Listed entries START
-- ===== src/Lib.antt =====
-- A model of bls, a live-stream server for RTMP, and what is shown of it.
--
-- A publisher's connection receives a byte stream. `chunk_state_machine` (src/RtmpProtocol.cpp) cuts
-- it into chunks, each stored in a bucket of one shared pool (src/RtmpChunkPool.cpp), and gathers the
-- buckets of a message in the channel of its chunk stream. A complete message goes to a handler
-- (src/BlsMessage.cpp). Audio and video go on to the live source (src/BlsSource.cpp), which caches what
-- a new player needs and passes every chunk to the state machine of each of its players
-- (src/BlsConsumer.cpp). A player is sent the buckets themselves: a write holds a reference to its
-- bucket, which libuv's callback gives up.
--
-- The files, each for the code it names:
--   Base: booleans, lists, byte memories and `Option`, with their lemmas.
--   Bytes: read_*bytes and write_*bytes of src/utilities.cpp, on a little-endian host.
--   Chunk: the structs of include/RtmpChunkPool.h and the tests on a payload.
--   Chunk/Wrap: wrap_chunk_header of src/RtmpProtocol.cpp.
--   Pool: the pool of src/RtmpChunkPool.cpp. The file's globals are the record `Pool`, and a bucket's
--     address is its `g_bucket_id`. Pool/Spec is what the pool promises, as a bag of free buckets and
--     a count of references, operation by operation; Pool/Held is about the references of one holder.
--   World: the objects that handlers share, and the monad `M` of handlers over them; World/Buckets the
--     pool's operations in it, World/Writes the writes and their callbacks, World/Encode
--     encode_buf_to_chunk_chain; World/Rewrites is a step that writes into one bucket.
--   Consumer: consumer_send_video and consumer_send_audio, as a decision, `video_action` and
--     `audio_action`, and its performance in Consumer/Send.
--     Consumer/Slow is a player that fell behind, Consumer/Lifecycle init_consumer and free_consumer.
--   Source: the dispatch and the caches of src/BlsSource.cpp; Source/Metadata on_metadata,
--     Source/Joining add_consumer, Source/Lifecycle clear_consumer, Source/Streams the pool and the
--     map of sources, and Source/Startup how that pool is filled.
--   Protocol: the state of a connection, and the monad `P` of its handlers; Protocol/Client close and
--     read_n of src/RtmpClient.cpp, Protocol/Control the messages that the server sends,
--     Protocol/Header the message header and expect_payload_len, Protocol/Message src/BlsMessage.cpp,
--     Protocol/Machine on_new_chunk, expect_chunk and the payload, Protocol/Receive the other states,
--     the read callback and start, Protocol/Lifecycle the constructor, hand_shake_finish and the
--     destructor. Protocol/Receive/Delivery follows a message of one chunk through the machine, and
--     Protocol/Receive/Chunks a message of several, with the peer as a list of reads.
--   HandShake: the handshake of src/BlsHandShake.cpp, as a step function over what libuv tells;
--     HandShake/Session with the client and the server, HandShake/Remote the connection to another
--     server, with _node_remote_connect_cb of src/addon.cpp.
--   Binding: what JavaScript calls on a client, of src/addon.cpp.
--   Server: the admission of clients of src/RtmpServer.cpp, whose member client_count is in the world;
--     Server/Startup start_server of src/addon.cpp, with the configuration of include/RtmpServer.h.
--   Examples: concrete data, and each theorem at some of it.
--
-- Conventions. A pointer to an object is a number, and a stream name is a number. An intrusive queue
-- is the list of its members' ids. Unsigned integers are natural numbers whose wrap-around is written
-- out. A fault, such as a null pointer, the head of an empty queue, a store outside its memory or a
-- failed `assert`, is `none`. `bls_malloc` does not fail.
--
-- Fuel. encode_rest has one more than the bytes of the buffer, and each round takes a byte or more;
-- find_key has 3001, and leaves the 3000 bytes of `metadata_buf` before. All other recursion is on
-- lists. chunk_state_machine calls itself only where the next state is known, so the model calls that
-- state.
--
-- Parameters. `Host` (Protocol/Message) is the code behind the connection that is not modelled: the
-- callbacks to JavaScript, the length of its buffer, and the sum of a time and the double
-- `abs_record_time`, on bit patterns. HandShake takes `SHandShake` of librtmp, and the bytes behind the
-- literal of the private signature, which the code reads.
--
-- The destructor of a connection takes the callback `node_on_close_cb` as a parameter. The callbacks of
-- clear_consumer and of the source's end are only a list of the clients that are told.
--
-- Not modelled: the copies of librtmp and spdlog, the headers of libuv, src/server_c.cpp,
-- src/BlsLogger.cpp, bls.js, timers, the request of connect_remote_server, listening, the
-- parts of src/addon.cpp that keep callbacks, and free_chunk_pool, which runs as the
-- process ends. The bytes that hs_write_private_sig writes are in no bucket, so they are a result of
-- the model and not among the pending writes of the socket.
pub mod Base
pub mod Bytes
pub mod Chunk
pub mod Pool
pub mod World
pub mod Consumer
pub mod Source
pub mod Protocol
pub mod Server
pub mod Binding
pub mod HandShake
pub mod Examples
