-- ===== src/Base/Lists.antt =====
-- Lists measured and indexed by native numbers, and byte memories.
use Prim.Native.Nat.{ℕ, zero, suc, ◌+◌, ◌-◌, ◌<◌, ◌≤◌, min}
use mathlib.Core.Path.{◌≡◌, refl, ap, ap₂, ◌∙◌}
use mathlib.Core.Logic.{◌⊎◌, inl, inr}
use mathlib.Core.Bool.{Bool, true, false}
use mathlib.Core.List.{List, [], ◌∷◌, ◌++◌}
use native.Mathlib.Omega.{arith}
use bls.Base.Tests.{◌==◌, if◌then◌else◌}

module _ {ℓ} {A : Type ℓ} where
  abbrev pub length : List A → ℕ
  length [] = 0
  length (x ∷ xs) = suc (length xs)

  abbrev pub take : ℕ → List A → List A
  take zero xs = []
  take (suc n) [] = []
  take (suc n) (x ∷ xs) = x ∷ take n xs

  abbrev pub drop : ℕ → List A → List A
  drop zero xs = xs
  drop (suc n) [] = []
  drop (suc n) (x ∷ xs) = drop n xs

  pub length-append : (xs ys : List A) → length (xs ++ ys) ≡ length xs + length ys
  length-append [] ys = omega arith
  length-append (x ∷ xs) ys = omega (arith, length-append xs ys)

  pub take-append-drop : (n : ℕ) (xs : List A) → take n xs ++ drop n xs ≡ xs
  take-append-drop zero xs = refl
  take-append-drop (suc n) [] = refl
  take-append-drop (suc n) (x ∷ xs) = ap (◌∷◌ x) (take-append-drop n xs)

  pub length-take : (n : ℕ) (xs : List A) → length (take n xs) ≡ min n (length xs)
  length-take zero xs = omega arith
  length-take (suc n) [] = omega arith
  length-take (suc n) (x ∷ xs) = omega (arith, length-take n xs)

  pub length-drop : (n : ℕ) (xs : List A) → length (drop n xs) ≡ length xs - n
  length-drop zero xs = omega arith
  length-drop (suc n) [] = omega arith
  length-drop (suc n) (x ∷ xs) = omega (arith, length-drop n xs)

-- Is the number in the list?
unfoldable pub elem : ℕ → List ℕ → Bool
elem a [] = false
elem a (x ∷ xs) = if x == a then true else elem a xs

-- How often the number is in the list.
unfoldable pub count : ℕ → List ℕ → ℕ
count a [] = 0
count a (x ∷ xs) = (if x == a then 1 else 0) + count a xs

pub count-append : (a : ℕ) (xs ys : List ℕ) → count a (xs ++ ys) ≡ count a xs + count a ys
unfolding count
count-append a [] ys = omega arith
count-append a (x ∷ xs) ys = omega (arith, count-append a xs ys)

-- A block of memory, byte by byte, from its start.
abbrev pub Mem : Type 0
Mem = ℕ → ℕ

-- The `n` bytes from position `p`.
abbrev pub peek : Mem → ℕ → ℕ → List ℕ
peek m p zero = []
peek m p (suc n) = m p ∷ peek m (p + 1) n

abbrev pub put_byte : Mem → ℕ → ℕ → Mem
put_byte m p b i = if i == p then b else m i

-- Write the bytes one after the other from position `p`.
abbrev pub poke : Mem → ℕ → List ℕ → Mem
poke m p [] = m
poke m p (b ∷ bs) = poke (put_byte m p b) (p + 1) bs

pub poke-below : (bs : List ℕ) (m : Mem) (p i : ℕ) → i < p → poke m p bs i ≡ m i
poke-below [] m p i h = refl
poke-below (b ∷ bs) m p i h = ground (arith, poke-below bs (put_byte m p b) (p + 1) i)

-- What has been written is read back.
pub peek-poke : (bs : List ℕ) (m : Mem) (p : ℕ) → peek (poke m p bs) p (length bs) ≡ bs
peek-poke [] m p = refl
peek-poke (b ∷ bs) m p =
    ap₂ ◌∷◌ (ground (arith, poke-below bs (put_byte m p b) (p + 1) p))
      (peek-poke bs (put_byte m p b) (p + 1))

pub length-peek : (m : Mem) (p n : ℕ) → length (peek m p n) ≡ n
length-peek m p zero = refl
length-peek m p (suc n) = ap suc (length-peek m (p + 1) n)

pub peek-append : (m : Mem) (p a b : ℕ) → peek m p (a + b) ≡ peek m p a ++ peek m (p + a) b
peek-append m p zero b =
    let none_more : zero + b ≡ b = omega arith in
    let same : p ≡ p + zero = omega arith in ap₂ (peek m) same none_more
peek-append m p (suc a) b =
    let longer : suc a + b ≡ suc (a + b) = omega arith in
    let next : p + 1 + a ≡ p + suc a = omega arith in
    ap (peek m p) longer
    ∙ ap (◌∷◌ (m p)) (peek-append m (p + 1) a b ∙ ap (λ q. peek m (p + 1) a ++ peek m q b) next)

pub peek-below :
    (xs : List ℕ) (m : Mem) (p q n : ℕ) → p + n ≤ q → peek (poke m q xs) p n ≡ peek m p n
peek-below xs m p q zero h = refl
peek-below xs m p q (suc n) h =
    ap₂ ◌∷◌ (poke-below xs m q p (omega (arith, h)))
      (peek-below xs m (p + 1) q n (omega (arith, h)))

-- What is written behind what stands there already.
pub peek-poke_behind :
    (old xs : List ℕ) (m : Mem)
    → peek m 0 (length old) ≡ old
    → peek (poke m (length old) xs) 0 (length (old ++ xs)) ≡ old ++ xs
peek-poke_behind old xs m e =
    ap (peek (poke m (length old) xs) 0) (length-append old xs)
    ∙ peek-append (poke m (length old) xs) 0 (length old) (length xs)
    ∙ ap₂ ◌++◌ (peek-below xs m 0 (length old) (length old) (omega arith) ∙ e) (
        ap (λ p. peek (poke m (length old) xs) p (length xs)) from_end
        ∙ peek-poke xs m (length old))
  where
    from_end : 0 + length old ≡ length old
    from_end = omega arith

pub List-cases {ℓ} :
    {A : Type ℓ} (xs : List A) → (xs ≡ []) ⊎ ((y : A) × (ys : List A) × (xs ≡ y ∷ ys))
List-cases [] = inl refl
List-cases (x ∷ xs) = inr (x, xs, refl)

pub poke-append :
    (xs ys : List ℕ) (m : Mem) (p : ℕ) → poke m p (xs ++ ys) ≡ poke (poke m p xs) (p + length xs) ys
poke-append [] ys m p = ap (λ k. poke m k ys) (omega arith)
poke-append (x ∷ xs) ys m p =
    poke-append xs ys (put_byte m p x) (p + 1)
    ∙ ap (λ k. poke (poke (put_byte m p x) (p + 1) xs) k ys) (omega arith)
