-- ===== src/Chunk.antt =====
-- The data of include/RtmpChunkPool.h: buckets, message headers, and the tests on the first bytes
-- of a frame (src/RtmpChunkPool.cpp).
pub mod Wrap
use bls.Base.{ℕ, ◌+◌, ◌/◌, ◌%◌, Bool, true, false, ◌&&◌, Option, List, Mem, if◌then◌else◌, ◌==◌}

abbrev pub default_chunk_bucket_size : ℕ
default_chunk_bucket_size = 8192

abbrev pub default_chunk_size : ℕ
default_chunk_size = 128

abbrev pub rtmp_chunk_header_max : ℕ
rtmp_chunk_header_max = 18

abbrev pub rtmp_chunk_extended_timestamp : ℕ
rtmp_chunk_extended_timestamp = 0xFFFFFF

abbrev pub rtmp_cid_protocol_control : ℕ
rtmp_cid_protocol_control = 2

-- `chunk_state_e`
pub data ChunkState : Type 0 where
  begin size_basic_header read_ext_basic_header read_message_header : ChunkState
  read_ext_time read_payload merge_header end : ChunkState

-- `chunk_header_s`, the header of the message that a channel is receiving.
pub record ChunkHeader : Type 0 where
  pub stream_id : ℕ
  pub timestamp : ℕ
  pub delta_timestamp : ℕ
  pub type : ℕ
  pub msg_len : ℕ
  pub msg_recv : ℕ

-- The constructor of `chunk_header_s`.
abbrev pub new_chunk_header : ChunkHeader
new_chunk_header = record {
  stream_id = 0;
  timestamp = 0;
  delta_timestamp = 0;
  type = 0;
  msg_len = 0;
  msg_recv = 0;
}

-- `chunk_bucket_s`. `header` is the memory at `header_start_p`, 18 bytes, and `payload` that at
-- `payload_start_p`, as many bytes as the pool's payload size. A bucket is referred to by its
-- `bucket_id`. A stream name is a number here: the code only compares and copies it.
pub record Bucket : Type 0 where
  pub header : Mem
  pub header_length : ℕ
  pub payload : Mem
  pub payload_length : ℕ
  pub source_stream_name : Option ℕ
  pub ref_count : ℕ
  pub chunk_id : ℕ
  pub state : ChunkState
  pub format : ℕ
  pub header_recv_len : ℕ
  pub payload_recv_len : ℕ

-- The high four bits of the first payload byte are 1, on a chunk that begins a message.
unfoldable pub chunk_is_keyframe : Bucket → Bool
chunk_is_keyframe b = if b.format == 3 then false else (b.payload 0 / 16) % 16 == 1

unfoldable pub chunk_is_video_sh : Bucket → Bool
chunk_is_video_sh b =
    if b.format == 3
    then false
    else (b.payload 0 % 16 == 7) && ((b.payload 0 / 16) % 16 == 1) && (b.payload 1 == 0)

unfoldable pub chunk_is_audio_sh : Bucket → Bool
chunk_is_audio_sh b =
    if b.format == 3 then false else ((b.payload 0 / 16) % 16 == 10) && (b.payload 1 == 0)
Listed entries END
• Task requirements:
Write down, word for word, the lines above from the one containing "count a (x ∷" through the one containing "pub length-peek : (m", both ends included.

• Result:
count a (x ∷ xs) = (if x == a then 1 else 0) + count a xs

pub count-append : (a : ℕ) (xs ys : List ℕ) → count a (xs ++ ys) ≡ count a xs + count a ys
unfolding count
count-append a [] ys = omega arith
count-append a (x ∷ xs) ys = omega (arith, count-append a xs ys)

-- A block of memory, byte by byte, from its start.
abbrev pub Mem : Type 0
Mem = ℕ → ℕ

-- The `n` bytes from position `p`.
abbrev pub peek : Mem → ℕ → ℕ → List ℕ
peek m p zero = []
peek m p (suc n) = m p ∷ peek m (p + 1) n

abbrev pub put_byte : Mem → ℕ → ℕ → Mem
put_byte m p b i = if i == p then b else m i

-- Write the bytes one after the other from position `p`.
abbrev pub poke : Mem → ℕ → List ℕ → Mem
poke m p [] = m
poke m p (b ∷ bs) = poke (put_byte m p b) (p + 1) bs

pub poke-below : (bs : List ℕ) (m : Mem) (p i : ℕ) → i < p → poke m p bs i ≡ m i
poke-below [] m p i h = refl
poke-below (b ∷ bs) m p i h = ground (arith, poke-below bs (put_byte m p b) (p + 1) i)

-- What has been written is read back.
pub peek-poke : (bs : List ℕ) (m : Mem) (p : ℕ) → peek (poke m p bs) p (length bs) ≡ bs
peek-poke [] m p = refl
peek-poke (b ∷ bs) m p =
    ap₂ ◌∷◌ (ground (arith, poke-below bs (put_byte m p b) (p + 1) p))
      (peek-poke bs (put_byte m p b) (p + 1))

pub length-peek : (m : Mem) (p n : ℕ) → length (peek m p n) ≡ n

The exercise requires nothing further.